The redirect uses the hostname, as expected.

Can you verify DNS resolution of the router hostnames is working in your environment using curl, the re-verify the docker login scenario?

Comment 7 Jordan Liggitt 2016-08-19 14:47:33 UTC
Also, the default router does not listen on port 5000, it only listens on port 80 (for non-tls) and port 443 (for tls), so don't add :5000 to the route hostname when doing docker login.
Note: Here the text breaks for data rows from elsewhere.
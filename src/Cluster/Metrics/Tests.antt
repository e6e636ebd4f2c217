-- ===== src/Cluster/Metrics/Tests.antt =====
-- Two nodes, and two pods of which one has a container that cannot be read.
use pok.Cluster.Metrics.Nodes.{aspect_node_metrics-total}
use pok.Cluster.Metrics.Pods.{row_of, uses_more, aspect_pod_metrics-IsTop}
use pok.Cluster.Metrics.{
  Metric, NodeUsage, NodeMetricsReport, PodUsage, less_name, more_cpu, node_metric, pod_metrics,
  as_string, aspect_node_metrics, aspect_pod_metrics,
}
use pok.Cluster.Samples.{whole_quantity}
use pok.Cluster.Sorting.{
  IsSorted, IsRearranged, IsSorter, IsOrder, less_bytes, less_bytes-IsOrder, sort, sort-IsSorted,
  sort-IsRearranged,
}
use pok.Cluster.Usage.Summed.{sum_of}
use pok.Cluster.Workloads.Top.{IsTop}
use pok.Prelude.Bytes.{Bytes, bytes, bytes_beq, bytes_key}
use pok.Prelude.Maps.{Map, index}
use pok.Prelude.Words.{less_int64, div_int64, add_int64}
use pok.Prelude.{◌%◌, ◌^◌, ◌≡◌, refl, none, some, List, [], ◌∷◌, map, arith}

abbrev usage : Bytes → Map Bytes Bytes
usage cpu = (bytes "cpu", cpu) ∷ (bytes "memory", bytes "2097152") ∷ []

abbrev nodes : List NodeUsage
nodes =
    record { name = bytes "n2"; usage = usage (bytes "3") }
    ∷ record { name = bytes "n1"; usage = usage (bytes "1") }
    ∷ []

less_name-IsOrder : IsOrder less_name
unfolding less_name
less_name-IsOrder = record {
  asymmetric = λ x y. less_bytes-IsOrder.asymmetric x.name y.name;
  chained = λ x y z. less_bytes-IsOrder.chained x.name y.name z.name;
}

sort-IsSorter_names : IsSorter less_name (sort less_name)
sort-IsSorter_names xs =
    (sort-IsSorted less_name less_name-IsOrder xs, sort-IsRearranged less_name xs)

aspect_node_metrics-total_example :
    (r : NodeMetricsReport) × ((aspect_node_metrics whole_quantity (sort less_name) (some nodes)
        ≡ some (record { aspect = bytes "node-metrics"; value = r }))
      × IsSorted (λ a b. less_bytes a.name b.name) r.nodes
      × IsRearranged r.nodes (map (node_metric whole_quantity) nodes)
      × (r.total_cpu_m ≡ sum_of (λ m. m.cpu_m) r.nodes % 2 ^ 64)
      × (r.total_mem_mib ≡ sum_of (λ m. m.mem_mib) r.nodes % 2 ^ 64))
aspect_node_metrics-total_example =
    aspect_node_metrics-total whole_quantity (sort less_name) nodes sort-IsSorter_names

abbrev pods : List PodUsage
pods =
    record {
      namespace = bytes "a";
      name = bytes "p";
      containers =
          some ((bytes "cpu", some (bytes "2")) ∷ (bytes "memory", none) ∷ [])
          ∷ none
          ∷ some ((bytes "cpu", some (bytes "3")) ∷ [])
          ∷ [];
    }
    ∷ record { namespace = bytes "a"; name = bytes "q"; containers = [] }
    ∷ []

two_pods :
    pod_metrics whole_quantity pods
    ≡ record { name = bytes "a/p"; cpu_m = 5000; mem_mib = 0 }
      ∷ record { name = bytes "a/q"; cpu_m = 0; mem_mib = 0 }
      ∷ []
unfolding pod_metrics index as_string add_int64 bytes_beq div_int64
two_pods = refl

more_cpu-IsOrder : IsOrder more_cpu
unfolding more_cpu less_int64
more_cpu-IsOrder = record {
  asymmetric = λ x y h. ground arith;
  chained = λ x y z h k. ground arith;
}

sort-IsSorter_cpu : IsSorter more_cpu (sort more_cpu)
sort-IsSorter_cpu xs = (sort-IsSorted more_cpu more_cpu-IsOrder xs, sort-IsRearranged more_cpu xs)

aspect_pod_metrics-IsTop_example :
    (top omitted : List Metric) × (aspect_pod_metrics whole_quantity (sort more_cpu) (some pods)
      ≡ some (record { aspect = bytes "pod-metrics"; value = top }))
    × IsTop uses_more 8 (map (row_of whole_quantity) pods) top omitted
aspect_pod_metrics-IsTop_example =
    aspect_pod_metrics-IsTop whole_quantity (sort more_cpu) pods sort-IsSorter_cpu
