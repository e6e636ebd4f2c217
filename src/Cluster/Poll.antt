-- ===== src/Cluster/Poll.antt =====
-- The poll loop: `poll` and `serveHealth` of apps/clusterinfo/main.go, over all aspects. `Api` is
-- what the Kubernetes API answers to each listing while one round lasts.
pub mod Aspects
pub mod Calls
pub mod Keys
pub mod Rounds
mod Tests
use pok.Cluster.Poll.Aspects.{Aspect, aspects}
use pok.Cluster.Workloads.{Message}
use pok.Prelude.Int.{ℤ, pos, ltb_ℤ, ◌-ℤ◌}
use pok.Prelude.Lists.{get_elem?}
use pok.Prelude.Tests.{if◌then◌else◌}
use pok.Prelude.{ℕ, Bool, true, false, not, Option, none, some, List, [], ◌∷◌, ◌++◌}

-- One round: the clock, the index that `rand.Intn` gives, what the API answers, and whether the
-- broker takes the message.
pub record Round (Answers : Type 0) : Type 0 where
  pub now : ℤ
  pub choice : ℕ
  pub answers : Answers
  pub accepted : Bool

-- The heartbeat, and the messages in the topic.
pub record Poller (Report : Type 0) : Type 0 where
  pub last_tick : ℤ
  pub written : List (Message Report)

unfoldable pub write_message :
    {Report : Type 0} → Bool → Option (Message Report) → List (Message Report)
write_message accepted none = []
write_message accepted (some m) = if accepted then m ∷ [] else []

-- `call` is the choice of an aspect's function.
module _ {Answers Report : Type 0} (call : Aspect → Answers → Option (Message Report)) where
  unfoldable pub call_at : ℕ → Answers → Option (Message Report)
  call_at choice answers = elim (get_elem? aspects choice) [ none ↦ none | some a ↦ call a answers ]

  unfoldable pub poll : Round Answers → Poller Report → Poller Report
  unfolding write_message call_at
  poll r s = record {
    last_tick = r.now;
    written = s.written ++ write_message r.accepted (call_at r.choice r.answers);
  }

  -- main's loop: a round at once, and then one for each tick until the context is done.
  unfoldable pub poll_all : List (Round Answers) → Poller Report → Poller Report
  unfolding poll
  poll_all [] s = s
  poll_all (r ∷ rounds) s = poll_all rounds (poll r s)

-- Whether /healthz answers 200.
unfoldable pub is_ticking : ℤ → ℤ → Bool
is_ticking now last_tick = not (ltb_ℤ (pos 30) (now -ℤ last_tick))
Comment 8 zhou ying 2016-08-22 09:32:25 UTC
Hi Jordan:

   How did you create the route of docker-registry ? 
I'm still get timeout, please see:

curl --cacert /etc/origin/master/ca.crt https://docker-registry-default.0822-8ea.qe.rhcloud.com/v2/ -v
* About to connect() to docker-registry-default.0822-8ea.qe.rhcloud.com port 443 (#0)
*   Trying 52.207.230.77...
* Connection timed out
* Failed connect to docker-registry-default.0822-8ea.qe.rhcloud.com:443; Connection timed out
* Closing connection 0
curl: (7) Failed connect to docker-registry-default.0822-8ea.qe.rhcloud.com:443; Connection timed out



curl --cacert /etc/origin/master/ca.crt https://docker-registry-default.0822-8ea.qe.rhcloud.com:5000/v2/ -v
* About to connect() to docker-registry-default.0822-8ea.qe.rhcloud.com port 5000 (#0)
*   Trying 52.207.230.77...
* Connection timed out
* Failed connect to docker-registry-default.0822-8ea.qe.rhcloud.com:5000; Connection timed out
* Closing connection 0
curl: (7) Failed connect to docker-registry-default.0822-8ea.qe.rhcloud.com:5000; Connection timed out

Comment 9 zhou ying 2016-08-22 10:18:21 UTC
Hi Jordan:
   Please ignore my last comment, now the route works well , I can 'docker login' from the route:

docker login -u zhouy -p VHS5lSc_ge5otslcA6akUrJKVL774xG2l_-fv4IXHYo -e dalda registry-default.0822-8ea.qe.rhcloud.com
WARNING: login credentials saved in /root/.docker/config.json
Login Succeeded

Comment 10 zhou ying 2016-09-01 08:57:51 UTC
confirmed with fork_ami_openshift3_miminar_295, and can not reproduce this issue

Comment 12 zhou ying 2016-10-10 00:58:36 UTC
blocked by Bug 1381532

Comment 13 zhou ying 2016-10-12 07:50:43 UTC
Confirmed with OCP v3.2.1.16, the issue has fixed:

openshift version
openshift v3.2.1.16
kubernetes v1.2.0-36-g4a3f9c5
etcd 2.2.5

[root@ip-172-18-11-91 origin]# oc get route
NAME       HOST/PORT                                  PATH      SERVICE           TERMINATION   LABELS
registry   registry-default.1012-e-n.qe.rhcloud.com             docker-registry   passthrough 

[root@dhcp-141-156 certs.d]# curl -u zhouy:oZBbeayD3ipPg9fWDgd1PMnXypWndJMWOCzXgKbzqh4   -k https://registry-default.1012-e-n.qe.rhcloud.com/v2/ 
{}

Comment 16 Scott Dodson 2016-12-14 19:40:28 UTC
This bug has been fixed in OCP 3.3 however the fix will not be backported to OSE 3.2.